# Old AMT car model questions



## thuntboss (Feb 1, 2006)

Hi All,
For sentimental reasons, I recently bought an old AMT car model kit {68 Ford Falcon Sports Coupe} on ebay. I have a few questions concerning it.

1. How rare or hard to find is this kit and what does it typically sell for ?
{mine isn't for sale but I'll probably want a few more of these, lol}

2. Please look at the pics in the photobucket link first, then please make a recomendation as to where I can find fairly priced tires to replace the 2 piece hard plastic ones that came with the kit.

3. If anyone has this kit and has built it, do you have any tips, advice, etc.. on building it.

4. Any idea on when this kit was released ? or any additional info ?

That's all I can think of for now. Thanks, Jon

Photobucket link to pics:

http://smg.photobucket.com/albums/v299/thuntboss/Falcon SC/


----------



## Auroranut (Jan 12, 2008)

You can try American SATCO or the Modelhaus. Satco specializes in tyres, Modelhaus has recast AMT parts.
Chris.


----------



## xr4sam (Dec 9, 1999)

Guessing from the pics, I'm going to say that this was one of AMTs 1968 releases. Once upon a time, they would release a new variant of the car each year, in a dated box. I had some 1990s cars that came in the dated boxes.

As far as rarity, well, as a Ford guy, I've never seen one of those in either scale or 1:1, and that is pretty dang cool! I'd build it bone stock on the outside, and use the Weber carbs and intake. Of course, that's just me...


----------



## superduty455 (Jun 21, 2000)

You've got yourself a fairly rare kit. I don't think it has ever been re-released. It appears to be a 1968 annual kit. As for the two piece tires you should be able to raid just about any amt kits out their for something better. I would go with a 69 Mustang or Fairlane kit. Only because you could probably utilize some of the other parts out of these kits. 

Nice find and hope to see you build it! 
Chris


----------



## kit-junkie (Apr 8, 2005)

Way cool kit!


----------



## thuntboss (Feb 1, 2006)

Thanks for some really good info on this.

I haven't done much modeling in YEARS, but in my younger days, my engines were always hi points on my models. I hope to do the same here.

Pretty rare huh ? Ok, no problem. It did cost me close to $100 after s/h to get it, but like I said, sentimental reasons for this particular body style pushed me to do it.

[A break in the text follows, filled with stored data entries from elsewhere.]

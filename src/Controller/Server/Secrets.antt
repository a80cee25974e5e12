-- ===== src/Controller/Server/Secrets.antt =====
-- The password Secret in internal/controller/serenedb_controller.go.
pub mod Laws
use serenedb_operator.Prelude.{
  Option, String, Bool, true, false, none, some, not, ◌==◌, if◌then◌else◌, ◌<>◌,
}
use serenedb_operator.Prelude.Dict.{lookup}
use serenedb_operator.Errors.{
  Result, ok, err, wrapped, precondition, is_not_found, is_already_exists, quoted,
}
use serenedb_operator.Api.Meta.{NamespacedName, ObjectMeta}
use serenedb_operator.Api.Core.{Secret}
use serenedb_operator.Api.SereneDb.{SereneDb}
use serenedb_operator.Resources.Names.{name, password_key}
use serenedb_operator.Resources.Secret.{generated_secret, secret_owned_by_database}
use serenedb_operator.Controller.Kube.{Env, get_object, a_secret, create, patch, secret}
use serenedb_operator.Controller.Op.{panic, Op, pure, fail, perform, ask, ◌>>=◌, ◌>>◌}
use serenedb_operator.Controller.Session.{blocked, reason_secret_missing, reason_secret_key_missing}

abbrev same_flag : Bool → Bool → Bool
same_flag true b = b
same_flag false b = not b

abbrev or_panic : {A : Type 0} → Option A → Op A
or_panic none = panic
or_panic (some a) = pure a

-- A step that wraps its error.
abbrev wrapped_or : {A : Type 0} → String → Result A → Op A
wrapped_or s (ok a) = pure a
wrapped_or s (err e) = fail (wrapped s e)

module _ (env : Env) where
  -- `if err := r.Create(…); err != nil && !apierrors.IsAlreadyExists(err)`
  abbrev secret_created : Result (Unit {0}) → Op (Unit {0})
  secret_created (ok u) = pure tt
  secret_created (err e) = if is_already_exists e then pure tt else fail (wrapped "create secret" e)

  -- The generated Secret with its owner.
  abbrev owned_secret : SereneDb → Secret → Op Secret
  owned_secret db s =
      if secret_owned_by_database db
      then (do
        m ← wrapped_or "set secret owner" (env.lib.set_controller_reference db.metadata s.metadata)
        pure (record s { metadata = m }))
      else pure s

  unfoldable pub create_generated_secret : SereneDb → Op (Unit {0})
  create_generated_secret db = do
    generated ← λ h. or_panic (generated_secret (env.rand h) db) h
    s ← wrapped_or "generate password" generated
    s' ← owned_secret db s
    answer ← ask env (create (secret s'))
    secret_created answer

  -- The metadata that ownership asks for.
  abbrev reowned : SereneDb → Secret → Op ObjectMeta
  reowned db s =
      if secret_owned_by_database db
      then wrapped_or "set secret owner" (env.lib.set_controller_reference db.metadata s.metadata)
      else wrapped_or "remove secret owner"
          (env.lib.remove_controller_reference db.metadata s.metadata)

  unfoldable pub sync_secret_ownership : SereneDb → Secret → Op (Unit {0})
  sync_secret_ownership db s =
      if same_flag (secret_owned_by_database db) (env.lib.is_controlled_by s.metadata db.metadata)
      then pure tt
      else do
        m ← reowned db s
        answer ← ask env (patch (secret s) (secret (record s { metadata = m })))
        wrapped_or "patch secret owner" answer

  -- The Secret must have the password key.
  unfoldable pub check_key : String → SereneDb → Secret → Op (Unit {0})
  check_key shown db s = elim (lookup (password_key db) s.content) [
    | some v ↦ pure tt
    | none ↦ fail (
        precondition (
          blocked reason_secret_key_missing
            ("secret " <> quoted shown <> " has no key " <> quoted (password_key db))))
  ]

  abbrev existing_found : SereneDb → Result Secret → Op (Unit {0})
  existing_found db (ok s) = check_key db.spec.auth.existing_secret db s
  existing_found db (err e) =
      if is_not_found e
      then fail (
          precondition (
            blocked reason_secret_missing
              ("secret " <> quoted db.spec.auth.existing_secret <> " not found")))
      else fail (wrapped "get existing secret" e)

  unfoldable pub check_existing_secret : SereneDb → Op (Unit {0})
  check_existing_secret db = do
    let key : NamespacedName = record {
      namespace = db.metadata.namespace;
      name = db.spec.auth.existing_secret;
    }
    got ← perform (get_object a_secret key) (λ h. env.get_secret h key)
    existing_found db got

  abbrev pub generated_found : SereneDb → Result Secret → Op (Unit {0})
  generated_found db (ok s) = do check_key s.metadata.name db s; sync_secret_ownership db s
  generated_found db (err e) =
      if is_not_found e then create_generated_secret db else fail (wrapped "get secret" e)

  unfoldable pub reconcile_secret : SereneDb → Op (Unit {0})
  reconcile_secret db =
      if not (db.spec.auth.existing_secret == "") then check_existing_secret db else do
        let key : NamespacedName = record { namespace = db.metadata.namespace; name = name db }
        got ← perform (get_object a_secret key) (λ h. env.get_secret h key)
        generated_found db got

This kit will DEFINATELY get built. I just have to decide on a color scheme and a few other whatnots.


----------



## thuntboss (Feb 1, 2006)

Anyone else have anything to add ?


----------



## mr-replica (Sep 25, 2011)

thuntboss said:


> Anyone else have anything to add ?


Hi, I just saw this old thread. I'd love to see your finished model. Everyone is right, 1966-1969 Ford Falcon kits are super rare finds. None were ever re-issued and they weren't big sellers in their day. AMT modified (mutilated) that mold to release a mud racer version, so I doubt Round 2 will ever try and re-issue it. I once saw a '67 Falcon wagon kit by a resin maker, but I forget the name of the resin source.


----------



## aussiemuscle308 (Dec 2, 2014)

Old Thread?
it's 2008... in internet years, that's ancient history.


----------



## mr-replica (Sep 25, 2011)

LOL, true, but I don't use the internet very much.


----------



## Milton Fox Racing (May 27, 2014)

I read earlier it's only the 18th of April in some places....


----------



## LGFugate (Sep 11, 2000)

I checked Scalemates.com and coupldn't find an entry for a '68 Ford Falcon Sports Coupe', but I did find this:








1967 Falcon Sports Coupe, AMT 5127-170 (1966)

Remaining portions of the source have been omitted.